What `the_content` goes through

the_content is one of the most known WordPress template tags. It wraps itself around the get_the_content tag (a little lower in the source) and applies the the_content filter to it.

the_content filters in WordPress

the_content filter applies at least 10 default filter functions to the content before displaying it. WordPress post content is usually just altered here and there, not too drastically (except shortcodes, of course), and sometimes you just have to know what to expect when displaying filtered content.

WP_Embed::run_shortcode()

This method removes all registered shortcodes temporarily, processes the content, inflating codes into HTML, a reactivates all shortcodes again. This is done so that the is run before wp_autop. It’s run alone, once.

WP_Embed::autoembed()

Another WP_Embed method that runs after run_shortcode (for in-depth information on how and why some filters run before others check my Inside WordPress Actions and Filters article). Auto-embed, if enabled in the Settings/Media section of the Dashboard, will try to inflate URLs which are on their own line into HTML code that is interactive, like YouTube’s video player.

wptexturize()

wptexturize transforms some of the less-beautiful characters in text into more eye-pleasing variants. Single quotes, double-quotes, trademark ™ symbols are some, among many characters that are enhanced. wptexturize does not touch pre, script and other HTML tags for obvious reasons.

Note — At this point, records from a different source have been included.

-- ===== src/Metrics/Tests.antt =====
-- The theorems on the counters at a blocked request with two signals.
use nginx_http_sentinel_modu.Prelude.{ℕ, ◌+◌, ◌%◌, ◌^◌, ◌≡◌, true, false, List, some}
use nginx_http_sentinel_modu.Prelude.Int.{pos}
use nginx_http_sentinel_modu.Score.{block}
use nginx_http_sentinel_modu.Signal.Gather.{Ctx, zero_inputs}
use nginx_http_sentinel_modu.Metrics.{Metric, metrics_record, metric_get}
use nginx_http_sentinel_modu.Metrics.Counts.{
  IsCounters, counters, counters_IsCounters, adds, metrics_record-adds,
}

abbrev blocked : Ctx
blocked = record {
  inputs = record zero_inputs { honeypot = true; errrate_count = 3 };
  score = pos 93;
  verdict = block;
  resolving = false;
}

metrics_record-adds_example :
    (m' : List ℕ) × (metrics_record (some counters) (some blocked) true ≡ some m')
    × IsCounters m'
    × ((k : Metric)
        → metric_get (some m') k ≡ (metric_get (some counters) k + adds blocked true k) % 2 ^ 64)
metrics_record-adds_example = metrics_record-adds counters blocked true counters_IsCounters
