-- ===== src/Pow/Cookie.antt =====
-- sentinel_pow.c: the cookie and its check.
use nginx_http_sentinel_modu.Prelude.{
  ℕ, ◌+◌, ◌*◌, ◌<◌, ◌≡◌, refl, sym, ap, ◌∙◌, true, false, [], ◌∷◌, ◌++◌, Option, none, some, arith,
  ltb, leb, ◌==◌, All, if◌then◌else◌, length, length-append, Bytes, bytes_eq, bytes_eq→eq,
  bytes_eq_refl, Bool-cases, Option-cases, inl, inr, ==_iff,
}
use nginx_http_sentinel_modu.Nginx.{ok, error, Request}
use nginx_http_sentinel_modu.Pow.{
  PowLib, PowConf, hexlen, pow_hex, identity, signed, ttl_of, cookie_mac, split_dot, match_mac,
  check_expiry, check_parts, check_value, set_cookie,
}

-- A value that carries a time that is still to come and the MAC of that time for the request.
pub record Genuine (lib : PowLib) (conf : PowConf) (r : Request) (now : ℕ) (value : Bytes)
    : Type 0 where
  pub digits : Bytes
  pub mac : Bytes
  pub expiry : ℕ
  pub form : value ≡ digits ++ (b'.' ∷ mac)
  pub read : lib.atotm digits ≡ some expiry
  pub fresh : now < expiry
  pub signature : cookie_mac lib conf r expiry ≡ some mac

split_dot_join : (v a b : Bytes) → split_dot v ≡ some (a, b) → v ≡ a ++ (b'.' ∷ b)
unfolding split_dot
split_dot_join [] a b h = cc
split_dot_join (c ∷ cs) a b h = elim (Bool-cases (c == b'.')) [
  | inl e ↦ ground (arith, (==_iff c b'.').0 e)
  | inr e ↦ elim (Option-cases (split_dot cs)) [
    | inl n ↦ ground arith
    | inr ((a', b'), s) ↦ ground (arith, split_dot_join cs a' b' s)
  ]
]

abbrev pub NoDot : Bytes → Type 0
NoDot = All (λ c. (c == b'.') ≡ false)

split_dot-append : (a b : Bytes) → NoDot a → split_dot (a ++ (b'.' ∷ b)) ≡ some (a, b)
unfolding split_dot
split_dot-append [] b n = refl
split_dot-append (c ∷ a) b n = rw (n.0, split_dot-append a b n.1) refl

match_mac-ok : (mac : Bytes) (o : Option Bytes) → match_mac mac o ≡ ok → o ≡ some mac
unfolding match_mac
match_mac-ok mac none h = cc
match_mac-ok mac (some want) h = elim (Bool-cases (bytes_eq mac want)) [
  | inl e ↦ ap some (sym (bytes_eq→eq mac want e))
  | inr e ↦ absurd (ground arith)
]

check_expiry-ok :
    (lib : PowLib) (conf : PowConf) (r : Request) (now : ℕ) (mac : Bytes) (o : Option ℕ)
    → check_expiry lib conf r now mac o ≡ ok
    → (x : ℕ) × (o ≡ some x) × (now < x) × (cookie_mac lib conf r x ≡ some mac)
unfolding check_expiry
check_expiry-ok lib conf r now mac none h = absurd (ground arith)
check_expiry-ok lib conf r now mac (some x) h = elim (Bool-cases (leb x now)) [
  | inl e ↦ absurd (ground arith)
  | inr e ↦ (x, refl, ground arith, match_mac-ok mac (cookie_mac lib conf r x) (rw e at h))
]

check_parts-Genuine :
    (lib : PowLib) (conf : PowConf) (r : Request) (now : ℕ) (value : Bytes)
    (o : Option (Bytes × Bytes))
    → split_dot value ≡ o
    → check_parts lib conf r now o ≡ ok
    → Genuine lib conf r now value
unfolding check_parts
check_parts-Genuine lib conf r now value none s h = absurd (ground arith)
check_parts-Genuine lib conf r now value (some (digits, mac)) s h =
    elim (Bool-cases (length mac == hexlen)) [
      | inl e ↦
          let (x, t, f, m) = check_expiry-ok lib conf r now mac (lib.atotm digits) (rw e at h) in
          record {
            digits = digits;
            mac = mac;
            expiry = x;
            form = split_dot_join value digits mac s;
            read = t;
            fresh = f;
            signature = m;
          }
      | inr e ↦ absurd (ground arith)
    ]

-- A cookie value that passes the check is genuine: it carries a time that is still to come and
-- the MAC of that time for the client.
check_value-Genuine :
    (lib : PowLib) (conf : PowConf) (r : Request) (now : ℕ) (value : Bytes)
    → check_value lib conf r now value ≡ ok
    → Genuine lib conf r now value
unfolding check_value
check_value-Genuine lib conf r now value h = elim (Bool-cases (leb (length value) (hexlen + 1))) [
  | inl e ↦ absurd (ground arith)
  | inr e ↦ check_parts-Genuine lib conf r now value (split_dot value) refl (rw e at h)
]

length-pow_hex : (bs : Bytes) → length (pow_hex bs) ≡ 2 * length bs
unfolding pow_hex
length-pow_hex [] = omega arith
length-pow_hex (b ∷ bs) = omega (arith, length-pow_hex bs)

length-signed :
    (lib : PowLib) (conf : PowConf) (o : Option Bytes) (n : ℕ) (mac : Bytes)
    → ((key msg out : Bytes) → lib.hmac key msg ≡ some out → length out ≡ 32)
    → signed lib conf o n ≡ some mac
    → length mac ≡ hexlen
unfolding signed
length-signed lib conf none n mac h e = absurd (ground arith)
length-signed lib conf (some id) n mac h e =
    elim (Option-cases (lib.hmac conf.secret (id ++ lib.print n))) [
      | inl g ↦ absurd (ground arith)
      | inr (out, g) ↦
          let same : pow_hex out ≡ mac = ground arith in
          rw (← same) (omega (arith, length-pow_hex out, h conf.secret (id ++ lib.print n) out g))
    ]

-- What the code relies on of the functions it calls: HMAC-SHA-256 has 32 bytes, a printed number
-- has digits only and is read back.
pub record PowLaws (lib : PowLib) : Type 0 where
  pub digest : (key msg out : Bytes) → lib.hmac key msg ≡ some out → length out ≡ 32
  pub digits : (n : ℕ) → NoDot (lib.print n) × (0 < length (lib.print n))
  pub read : (n : ℕ) → lib.atotm (lib.print n) ≡ some n

set_cookie-value :
    (lib : PowLib) (conf : PowConf) (r : Request) (now : ℕ) (value : Bytes)
    → set_cookie lib conf r now true ≡ some value
    → (mac : Bytes) × (cookie_mac lib conf r (now + ttl_of conf) ≡ some mac)
      × (lib.print (now + ttl_of conf) ++ (b'.' ∷ mac) ≡ value)
unfolding set_cookie
set_cookie-value lib conf r now value h =
    elim (Option-cases (cookie_mac lib conf r (now + ttl_of conf))) [
      | inl e ↦ absurd (ground arith)
      | inr (mac, e) ↦ (mac, e, ground arith)
    ]

identity_same :
    (r r' : Request)
    → r'.sockaddr ≡ r.sockaddr
    → r'.addr_text ≡ r.addr_text
    → identity r' ≡ identity r
unfolding identity
identity_same r r' a t = λ i. identity (record r' { sockaddr = a i; addr_text = t i })

-- The cookie that a solution earns passes the check of every later request from the same address,
-- whatever else that request holds, until it runs out, `ttl_of conf` seconds after it was set.
pub cookie_round_trip :
    (lib : PowLib) (conf : PowConf) (r r' : Request) (now later : ℕ) (value : Bytes)
    → PowLaws lib
    → r'.sockaddr ≡ r.sockaddr
    → r'.addr_text ≡ r.addr_text
    → set_cookie lib conf r now true ≡ some value
    → check_value lib conf r' later value ≡ (if ltb later (now + ttl_of conf) then ok else error)
unfolding check_value check_parts check_expiry match_mac cookie_mac
cookie_round_trip lib conf r r' now later value w a t h =
    let x = now + ttl_of conf in
    let (mac, m, same) = set_cookie-value lib conf r now value h in
    let m' = ap (λ id. signed lib conf id x) (identity_same r r' a t) ∙ m in
    let size = length-signed lib conf (identity r) x mac w.digest m in
    let long : leb (length (lib.print x ++ (b'.' ∷ mac))) (hexlen + 1) ≡ false =
      ground (arith, length-append (lib.print x) (b'.' ∷ mac), (w.digits x).1) in
    let full : (length mac == hexlen) ≡ true = ground arith in
    rw (← same) (
      rw
        (
          long,
          split_dot-append (lib.print x) mac (w.digits x).0,
          full,
          w.read x,
          m',
          bytes_eq_refl mac,
        )
        (ground arith))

This is sometimes one of my least loved manipulations. When copying and pasting text from a WordPress page into a plaintext context (something I don’t do often) these “nice” characters really get in the way. There are a lot of tutorials out there on how to disable wptexturize, here’s one of them.

convert_smilies()

:mrgreen: 😐 😈 ➡ 😯 🙂 😕 😎 👿 😀 💡 😳 😛 🙄 😉 😥 😮 😆 😡 🙁 😎 😯 🙁 🙂 😕 😀 😛 😮 😡 😐 😉 8) 😯 🙁 🙂 😕 😀 😛 😮 😡 😐 😉 ❗ ❓

Yes, you guessed it. This filter adds life to your content by adding smilies. convert_smilies has the content run through only if the appropriate Settings/Writing setting is set to true (it is by default).

And you’ll notice that by pasting all the icons I’ve found a bug in the beast of a regular expression that turns everything into magic:

/(?:\s|^);(?:\-\)|\))|(?:\s|^)\:(?:\||x|wink\:|twisted\:|smile\:|shock\:|sad\:|roll\:|razz\:|oops\:|o|neutral\:|mrgreen\:|mad\:|lol\:|idea\:|grin\:|evil\:|eek\:|cry\:|cool\:|arrow\:|P|D|\?\?\?\:|\?\:|\?|\-\||\-x|\-o|\-P|\-D|\-\?|\-\)|\-\(|\)|\(|\!\:)|(?:\s|^)8(?:O|\-O|\-\)|\))(?:\s|$)/m

A ticket has been submitted at the time of writing.

convert_chars()

convert_chars() (Codex entry) translates invalid Unicode references to valid ones, and transforms some metadata tags to conform to XHTML. Nothing too special.

wpautop()

wpautop wraps line-broken plaintext paragraphs into <p> tags. Sounds easy, but the amount of work wpautop does is quite spectacular with lots of mixing and matching.

shortcode_unautop()

Another formatting function that tries to remove paragraph tags from single-standing shortcodes in the content. If this filter is not applied, shortcodes may be wrapped into unwanted and unexpected paragraphs.

prepend_attachment()

This function works on attachment post types only. It tries to “show the medium sized image representation of the attachment if available, and link to the raw file“.

capital_P_dangit()

Not “wordpress“, “WordPress“, “wordPress” or even “wOrDpreSS“, it’s “WordPress”, with a capital “P”, dangit! This function makes sure your content doesn’t say “WordPress” in the wrong character case.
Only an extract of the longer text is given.